> Records to process:
*** Block opens ***
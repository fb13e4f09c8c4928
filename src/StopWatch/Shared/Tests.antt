-- ===== src/StopWatch/Shared/Tests.antt =====
-- Two threads that ask for the lock of a watch at the same time.
use network_demo.Base.{ℕ, ◌≤◌, ◌≡◌, ◌↔◌, refl, true, false, List, [], ◌∷◌, arith}
use network_demo.StopWatch.{Timespec, nanoseconds}
use network_demo.Base.Family.{total}
use network_demo.StopWatch.Shared.{
  is_locked, Call, restart_deferred, Chance, exchange, round, step, unlocked_nanoseconds, init,
  turn, run,
}
use network_demo.StopWatch.Shared.Exclusive.{holders, one_holder}

abbrev ask : ℕ → Call
ask id = restart_deferred 100

abbrev at : ℕ → Timespec
at nsec = record { tv_sec = 0; tv_nsec = nsec }

abbrev moment : ℕ → Chance
moment nsec = record { now = at nsec; spurious = false }

-- The second thread looks before the first takes the lock.
abbrev events : List (ℕ × Chance)
events =
    (0, moment 200)
    ∷ (1, moment 201)
    ∷ (0, moment 202)
    ∷ (1, moment 203)
    ∷ (0, moment 204)
    ∷ (1, moment 205)
    ∷ (1, moment 206)
    ∷ []

one_taken : holders 2 (run ask 2 (init (at 10)) events) ≡ 1
unfolding run turn step round exchange init unlocked_nanoseconds nanoseconds total
one_taken = refl

one_holder_example :
    (holders 2 (run ask 2 (init (at 10)) events) ≤ 1)
    × ((holders 2 (run ask 2 (init (at 10)) events) ≡ 1)
        ↔ (is_locked (run ask 2 (init (at 10)) events).start_ns ≡ true))
one_holder_example =
    one_holder ask 2 1000 (λ id. omega arith) (at 10) events (omega arith) (omega arith)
*** Block closes ***
> What to work on: Each line of the records, from the opening one through the line holding "-- Two threads", should be restated word for word, with nothing else in the answer.

> The completed task:
repository fb13e4f09c8c4928
filename src/StopWatch/Shared/Tests.antt
-- ===== src/StopWatch/Shared/Tests.antt =====
-- Two threads that ask for the lock of a watch at the same time.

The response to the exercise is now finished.